Start of Data shown

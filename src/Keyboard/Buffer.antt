-- ===== src/Keyboard/Buffer.antt =====
-- The keyboard buffer: when a key fits into it, and when the store runs past its end.
use ece_391_fall.Prelude.{
  ℕ, ◌+◌, ◌<◌, ◌≤◌, ◌≡◌, ◌⊎◌, inl, inr, refl, arith, Bool, Bool-cases, true, false, not, ◌&&◌,
  Option, none, some, ltb, leb, ◌==◌, if◌then◌else◌, update, lt→ltb, le→ltb,
}
use ece_391_fall.Console.{
  Console, Terminal, set_terminal, putc, clear, update_cursor, memory_switch,
}
use ece_391_fall.Console.Terminals.{SameLines, putc-SameLines, putc-ids, clear-SameLines}
use ece_391_fall.Keyboard.{
  Keyboard, shown, with_console, modifier, switch_terminal, press_backspace, store_key, type_key,
  press_enter, modified_key, plain_key, character_key, other_key, acknowledge, or_else,
  keyboard_handler, shift_capital_echo,
}
use ece_391_fall.Keyboard.Tables.{scan_code_match, scan_code_shift, scan_code_capital}

-- The terminal after a character has gone into its buffer.
abbrev pub stored : ℕ → Terminal → Terminal
stored c t = record t { keyboard_buffer = update t.keyboard_buffer t.index c; index = t.index + 1 }

-- A key fits while the index is inside the buffer, and is a fault when it is not.
pub store_key_lem :
    (c : ℕ) (s : Console)
    → let t = s.terminal s.cur_terminal in
      (t.index < 128 → store_key c s ≡ some (set_terminal s.cur_terminal (stored c t) s))
      × (128 ≤ t.index → store_key c s ≡ none)
unfolding store_key
store_key_lem c s = (λ h. rw (lt→ltb _ _ h, store_key), λ h. rw (le→ltb _ _ h, store_key))

-- Each terminal has room for one more key.
abbrev pub HasRoom : Console → Type 0
HasRoom s = (t : ℕ) → (s.terminal t).index ≤ 127

-- After a key: only the enter key takes the last place.
abbrev pub HasEnterRoom : Console → Type 0
HasEnterRoom s =
    (t : ℕ)
    → ((s.terminal t).index ≤ 127)
      ⊎ (((s.terminal t).index ≡ 128) × ((s.terminal t).enter_pressed ≡ 1))

-- A key that was no fault.
unfoldable pub Safe : Option Keyboard → Type 0
Safe none = ⊥
Safe (some k) = HasEnterRoom k.console

HasRoom-SameLines : (s s' : Console) → SameLines s s' → HasRoom s → HasRoom s'
HasRoom-SameLines s s' h r t = omega (arith, r t, (h t).1)

HasRoom-enter : (s : Console) → HasRoom s → HasEnterRoom s
HasRoom-enter s r t = inl (r t)

type_key-Safe :
    (echo c : ℕ) (k : Keyboard)
    → HasRoom k.console
    → (shown k).index < 127
    → Safe (type_key echo c k)
unfolding type_key Safe
type_key-Safe echo c k r h =
    let s = putc echo 1 k.console in
    let room = HasRoom-SameLines k.console s (putc-SameLines echo 1 k.console) r in
    let at : (s.terminal s.cur_terminal).index < 127 =
      rw (putc-ids echo 1 k.console).0
        (omega (arith, (putc-SameLines echo 1 k.console k.console.cur_terminal).1)) in
    rw ((store_key_lem c s).0 (omega arith)) (λ t. ground (arith, room t, at))

press_enter-Safe : (c : ℕ) (k : Keyboard) → HasRoom k.console → Safe (press_enter c k)
unfolding press_enter Safe
press_enter-Safe c k r =
    let s = putc c 1 k.console in
    let room = HasRoom-SameLines k.console s (putc-SameLines c 1 k.console) r in
    rw ((store_key_lem b'\n' s).0 (omega (arith, room s.cur_terminal)))
      (λ t. ground (arith, room t, room s.cur_terminal))

modified_key-Safe :
    (scan_code echo : ℕ) (k : Keyboard) → HasRoom k.console → Safe (modified_key scan_code echo k)
unfolding modified_key Safe
modified_key-Safe scan_code echo k r =
    let c = scan_code_match scan_code in
    elim (Bool-cases (leb 127 (shown k).index && not (c == b'\n'))) [
      | inl full ↦ rw (full, modified_key) (HasRoom-enter k.console r)
      | inr fits ↦
          rw (fits, modified_key)
            (elim (Bool-cases (c == b'\n')) [
              | inl e ↦ rw e (press_enter-Safe c k r)
              | inr e ↦ rw e (type_key-Safe echo c k r (ground arith))
            ])
    ]

plain_key-Safe : (scan_code : ℕ) (k : Keyboard) → HasRoom k.console → Safe (plain_key scan_code k)
unfolding plain_key Safe
plain_key-Safe scan_code k r =
    let c = scan_code_match scan_code in
    elim (Bool-cases (c == b'\n')) [
      | inl e ↦ rw (e, plain_key) (press_enter-Safe c k r)
      | inr e ↦
          rw (e, plain_key)
            (elim (Bool-cases (not (c == 0) && ltb (shown k).index 127)) [
              | inl f ↦ rw f (type_key-Safe c c k r (ground arith))
              | inr f ↦ rw f (HasRoom-enter k.console r)
            ])
    ]

room-Safe : (k : Keyboard) → HasRoom k.console → Safe (some k)
unfolding Safe
room-Safe k r t = inl (r t)

-- A choice by a test is safe if both sides are.
Safe-if : (b : Bool) (x y : Option Keyboard) → Safe x → Safe y → Safe (if b then x else y)
Safe-if true x y h h' = h
Safe-if false x y h h' = h'

character_key-Safe :
    (scan_code : ℕ) (k : Keyboard) → HasRoom k.console → Safe (character_key scan_code k)
unfolding character_key
character_key-Safe scan_code k r =
    Safe-if _ _ _
      (room-Safe (with_console (clear k.console) k)
        (HasRoom-SameLines k.console (clear k.console) (clear-SameLines k.console) r))
      (Safe-if _ _ _ (modified_key-Safe scan_code (shift_capital_echo scan_code) k r) (
        Safe-if _ _ _ (modified_key-Safe scan_code (scan_code_shift scan_code) k r) (
          Safe-if _ _ _ (modified_key-Safe scan_code (scan_code_capital scan_code) k r)
            (plain_key-Safe scan_code k r))))

switch_terminal-terminals : (id : ℕ) (s : Console) → (switch_terminal id s).terminal ≡ s.terminal
unfolding switch_terminal update_cursor memory_switch
switch_terminal-terminals id s = elim (Bool-cases (s.cur_terminal == id)) [
  | inl e ↦ rw (e, switch_terminal)
  | inr e ↦ rw (e, switch_terminal)
]

switch_terminal-Safe :
    (id : ℕ) (k : Keyboard)
    → HasRoom k.console
    → Safe (some (with_console (switch_terminal id k.console) k))
unfolding Safe
switch_terminal-Safe id k r t = rw (switch_terminal-terminals id k.console) (inl (r t))

press_backspace-Safe : (k : Keyboard) → HasRoom k.console → Safe (some (press_backspace k))
unfolding press_backspace Safe
press_backspace-Safe k r = elim (Bool-cases ((shown k).index == 0)) [
  | inl e ↦ rw (e, press_backspace) (HasRoom-enter k.console r)
  | inr e ↦
      let s = putc 8 1 k.console in
      let room = HasRoom-SameLines k.console s (putc-SameLines 8 1 k.console) r in
      rw (e, press_backspace) (λ t. ground (arith, room t, room s.cur_terminal))
]

other_key-Safe : (scan_code : ℕ) (k : Keyboard) → HasRoom k.console → Safe (other_key scan_code k)
unfolding other_key
other_key-Safe scan_code k r = Safe-if _ _ _ (switch_terminal-Safe 0 k r) (
    Safe-if _ _ _ (switch_terminal-Safe 1 k r) (
      Safe-if _ _ _ (switch_terminal-Safe 2 k r) (
        Safe-if _ _ _ (press_backspace-Safe k r) (
          Safe-if _ _ _ (room-Safe k r)
            (Safe-if _ _ _ (character_key-Safe scan_code k r) (room-Safe k r))))))

-- A key that changes flags only.
unfoldable Keeps : Console → Option Keyboard → Type 0
Keeps s none = true ≡ true
Keeps s (some k) = k.console ≡ s

Keeps-if :
    (s : Console) (b : Bool) (x y : Option Keyboard)
    → Keeps s x
    → Keeps s y
    → Keeps s (if b then x else y)
Keeps-if s true x y h h' = h
Keeps-if s false x y h h' = h'

Keeps-some : (s : Console) (k : Keyboard) → k.console ≡ s → Keeps s (some k)
unfolding Keeps
Keeps-some s k h = h

Keeps-either :
    (s : Console) (b : Bool) (x y : Keyboard)
    → x.console ≡ s
    → y.console ≡ s
    → Keeps s (some (if b then x else y))
unfolding Keeps
Keeps-either s true x y h h' = h
Keeps-either s false x y h h' = h'

Keeps-none : (s : Console) → Keeps s none
unfolding Keeps
Keeps-none s = refl

modifier-Keeps : (scan_code : ℕ) (k : Keyboard) → Keeps k.console (modifier scan_code k)
unfolding modifier
modifier-Keeps scan_code k =
    let s = k.console in
    Keeps-if s _ _ _ (Keeps-some s (record k { shift_pressed = 1 }) refl) (
      Keeps-if s _ _ _ (Keeps-some s (record k { shift_pressed = 0 }) refl) (
        Keeps-if s _ _ _ (Keeps-some s (record k { ctrl_pressed = 1 }) refl) (
          Keeps-if s _ _ _ (Keeps-some s (record k { ctrl_pressed = 0 }) refl) (
            Keeps-if s _ _ _ (Keeps-either s (k.caps_lock_pressed == 0) _ k refl refl) (
              Keeps-if s _ _ _ (Keeps-some s (record k { caps_lock_pressed = 0 }) refl) (
                Keeps-if s _ _ _ (Keeps-some s (record k { alt_pressed = 1 }) refl) (
                  Keeps-if s _ _ _ (Keeps-some s (record k { alt_pressed = 0 }) refl)
                    (Keeps-none s))))))))

or_else-Safe :
    (o o' : Option Keyboard) (s : Console) → Keeps s o → HasRoom s → Safe o' → Safe (or_else o o')
unfolding Safe Keeps
or_else-Safe none o' s h r safe = safe
or_else-Safe (some k) o' s h r safe = rw h (HasRoom-enter s r)

-- Whatever scan code arrives while every terminal has room for a key, the handler stores nothing
-- outside a keyboard buffer, and after it a terminal's buffer is full only if enter is pressed there.
pub keyboard_handler-Safe :
    (scan_code : ℕ) (k : Keyboard) → HasRoom k.console → Safe (keyboard_handler scan_code k)
unfolding keyboard_handler
keyboard_handler-Safe scan_code k r =
    let k' = acknowledge k in
    or_else-Safe (modifier scan_code k') (other_key scan_code k') k'.console
      (modifier-Keeps scan_code k') r (other_key-Safe scan_code k' r)

-- The enter key has no test of the index: in a full buffer, with no shift, control or capital mode
-- on, its store runs past the end.
pub enter-fault :
    (k : Keyboard)
    → 128 ≤ (shown k).index
    → k.shift_pressed ≡ 0
    → k.capital ≡ 0
    → k.ctrl_pressed ≡ 0
    → keyboard_handler 0x1C k ≡ none
unfolding keyboard_handler modifier other_key character_key plain_key press_enter scan_code_match
enter-fault k full no_shift no_capital no_ctrl =
    let k' = acknowledge k in
    let s = putc b'\n' 1 k'.console in
    let at : 128 ≤ (s.terminal s.cur_terminal).index =
      rw (putc-ids b'\n' 1 k'.console).0
        (omega (arith, (putc-SameLines b'\n' 1 k'.console k'.console.cur_terminal).1)) in
    rw (no_ctrl, no_shift, no_capital, (store_key_lem b'\n' s).1 at, keyboard_handler) refl
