-- ===== src/Keyboard/Switch.antt =====
-- Switching terminals keeps what every terminal shows.
use ece_391_fall.Prelude.{
  ℕ, ◌+◌, ◌*◌, ◌/◌, ◌^◌, ◌<◌, ◌≡◌, ◌≢◌, refl, ap, ◌∙◌, arith, true, false, fun_ext, ℕ_discrete,
  ◌==◌,
}
use ece_391_fall.Memory.{Mem}
use ece_391_fall.Memory.Copy.{copied, memcpy_lem}
use ece_391_fall.Paging.{video}
use ece_391_fall.Console.{Console, screen_frame, memory_switch, update_cursor}
use ece_391_fall.Console.Mapping.{IsMapped, TerminalIds, memory_switch_lem, video_frame}
use ece_391_fall.Keyboard.{switch_terminal, copy_page}

-- The bytes that terminal `t` shows, or will show when it is on the screen.
abbrev pub screen : Console → ℕ → ℕ → ℕ
screen s t off = s.vmem (screen_frame s.cur_terminal t * 4096 + off)

-- The backup pages are mapped to themselves, as page_init leaves them.
abbrev pub IsPaged : Console → Type 0
IsPaged s = (t : ℕ) → t < 3 → (s.paging.page_table (0xBA + t)).page_base_address ≡ 0xBA + t

-- Two whole pages, copied.
copy_page_lem :
    (dest src a : ℕ) (s : Console) (f g : ℕ)
    → (s.paging.page_table (dest / 2 ^ 12)).page_base_address ≡ f
    → (s.paging.page_table (src / 2 ^ 12)).page_base_address ≡ g
    → f ≢ g
    → (copy_page dest src s).vmem a ≡ copied s.vmem (f * 4096) (g * 4096) 4096 a
copy_page_lem dest src a s f g ef eg ne =
    rw (ef, eg) (memcpy_lem s.vmem (f * 4096) (g * 4096) 4096 a (ground arith))

-- The memory after a switch to another terminal: the display is saved to its backup, and the
-- other backup comes on the display.
abbrev swapped : Console → ℕ → Mem
swapped s id =
    copied (copied s.vmem ((0xBA + s.cur_terminal) * 4096) (0xB8 * 4096) 4096) (0xB8 * 4096)
      ((0xBA + id) * 4096) 4096

memory_switch-vmem :
    (id : ℕ) (s : Console)
    → ((memory_switch id s).vmem ≡ s.vmem) × ((memory_switch id s).terminal ≡ s.terminal)
unfolding memory_switch
memory_switch-vmem id s = (refl, refl)

-- memory_switch leaves the backup pages where they are.
memory_switch-IsPaged : (id : ℕ) (s : Console) → id < 3 → IsPaged s → IsPaged (memory_switch id s)
memory_switch-IsPaged id s h paged t ht =
    rw ((memory_switch_lem id s (0xBA + t) h).1 (omega arith)) (paged t ht)

backup_frame :
    (s : Console) (t : ℕ)
    → t < 3
    → IsPaged s
    → (s.paging.page_table ((video + (t + 2) * 4096) / 2 ^ 12)).page_base_address ≡ 0xBA + t
backup_frame s t h paged =
    let page : (video + (t + 2) * 4096) / 2 ^ 12 ≡ 0xBA + t = omega arith in rw page (paged t h)

-- The state in which the copies are made.
abbrev displayed : Console → Console
displayed s = memory_switch s.cur_terminal s

displayed-frame : (s : Console) → s.cur_terminal < 3 → video_frame (displayed s) ≡ 0xB8
displayed-frame s h = ground (arith, (memory_switch_lem s.cur_terminal s 0 h).0)

-- The state after both copies.
abbrev copies : ℕ → Console → Console
copies id s =
    copy_page video (video + (id + 2) * 4096)
      (copy_page (video + (s.cur_terminal + 2) * 4096) video (displayed s))

copies-vmem :
    (id : ℕ) (s : Console) (a : ℕ)
    → id < 3
    → s.cur_terminal < 3
    → IsPaged s
    → (copies id s).vmem a ≡ swapped s id a
copies-vmem id s a hid hcur paged =
    let s1 = displayed s in
    let paged1 = memory_switch-IsPaged s.cur_terminal s hcur paged in
    let s2 = copy_page (video + (s.cur_terminal + 2) * 4096) video s1 in
    copy_page_lem video (video + (id + 2) * 4096) a s2 0xB8 (0xBA + id) (displayed-frame s hcur)
      (backup_frame s1 id hid paged1) (omega arith)
    ∙ ap (λ (m : Mem). copied m (0xB8 * 4096) ((0xBA + id) * 4096) 4096 a)
        (fun_ext λ x.
          copy_page_lem (video + (s.cur_terminal + 2) * 4096) video x s1 (0xBA + s.cur_terminal)
            0xB8 (backup_frame s1 s.cur_terminal hcur paged1) (displayed-frame s hcur) (omega arith)
          ∙ ap (λ (m : Mem). copied m ((0xBA + s.cur_terminal) * 4096) (0xB8 * 4096) 4096 x)
              (memory_switch-vmem s.cur_terminal s).0)

-- What a switch to another terminal leaves: the copies, the new number on the screen, and the
-- running terminal's screen behind the video page.
record Switched (id : ℕ) (s s' : Console) : Type 0 where
  memory : (a : ℕ) → s'.vmem a ≡ (copies id s).vmem a
  current : s'.cur_terminal ≡ id
  running : s'.run_terminal ≡ s.run_terminal
  mapped : video_frame s' ≡ screen_frame id s.run_terminal
  terminals : s'.terminal ≡ s.terminal

switch_terminal-Switched :
    (id : ℕ) (s : Console)
    → s.run_terminal < 3
    → s.cur_terminal ≢ id
    → Switched id s (switch_terminal id s)
unfolding switch_terminal update_cursor memory_switch
switch_terminal-Switched id s hrun ne =
    let other : (s.cur_terminal == id) ≡ false = ground arith in
    rw (other, switch_terminal)
      (record {
        memory = λ a. refl;
        current = refl;
        running = refl;
        mapped = ground arith;
        terminals = refl;
      })

switch_terminal_self : (id : ℕ) (s : Console) → s.cur_terminal ≡ id → switch_terminal id s ≡ s
unfolding switch_terminal
switch_terminal_self id s e =
    let same : (s.cur_terminal == id) ≡ true = ground arith in rw (same, switch_terminal)

swapped-screen :
    (id t off : ℕ) (s : Console)
    → id < 3
    → s.cur_terminal < 3
    → s.cur_terminal ≢ id
    → t < 3
    → off < 4096
    → swapped s id (screen_frame id t * 4096 + off) ≡ screen s t off
swapped-screen id t off s hid hcur ne ht ho = ground arith

-- With the backup pages mapped to themselves and the running terminal behind the video page, a
-- switch puts terminal `id` on the screen and leaves what each of the three terminals shows, its
-- cursor and the running terminal as they were; the video page stands for the running terminal.
pub switch_terminal_lem :
    (id : ℕ) (s : Console)
    → id < 3
    → TerminalIds s
    → IsPaged s
    → IsMapped s
    → let s' = switch_terminal id s in
      ((t off : ℕ) → t < 3 → off < 4096 → screen s' t off ≡ screen s t off)
      × (s'.cur_terminal ≡ id)
      × (s'.run_terminal ≡ s.run_terminal)
      × (s'.terminal ≡ s.terminal)
      × IsMapped s'
switch_terminal_lem id s hid ids paged mapped = elim (ℕ_discrete s.cur_terminal id) [
  | yes same ↦ rw (switch_terminal_self id s same) ((λ t off ht ho. refl), same, refl, refl, mapped)
  | no other ↦
      let sw = switch_terminal-Switched id s ids.1 other in
      (
        λ t off ht ho. rw sw.current (
            sw.memory _
            ∙ copies-vmem id s _ hid ids.0 paged
            ∙ swapped-screen id t off s hid ids.0 other ht ho),
        sw.current,
        sw.running,
        sw.terminals,
        rw (sw.current, sw.running) sw.mapped,
      )
]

End of Data shown

• _Exercise requirements_: Tally the lines in the records above that contain the string "past" and report only the tally.

• _Answer space_: 2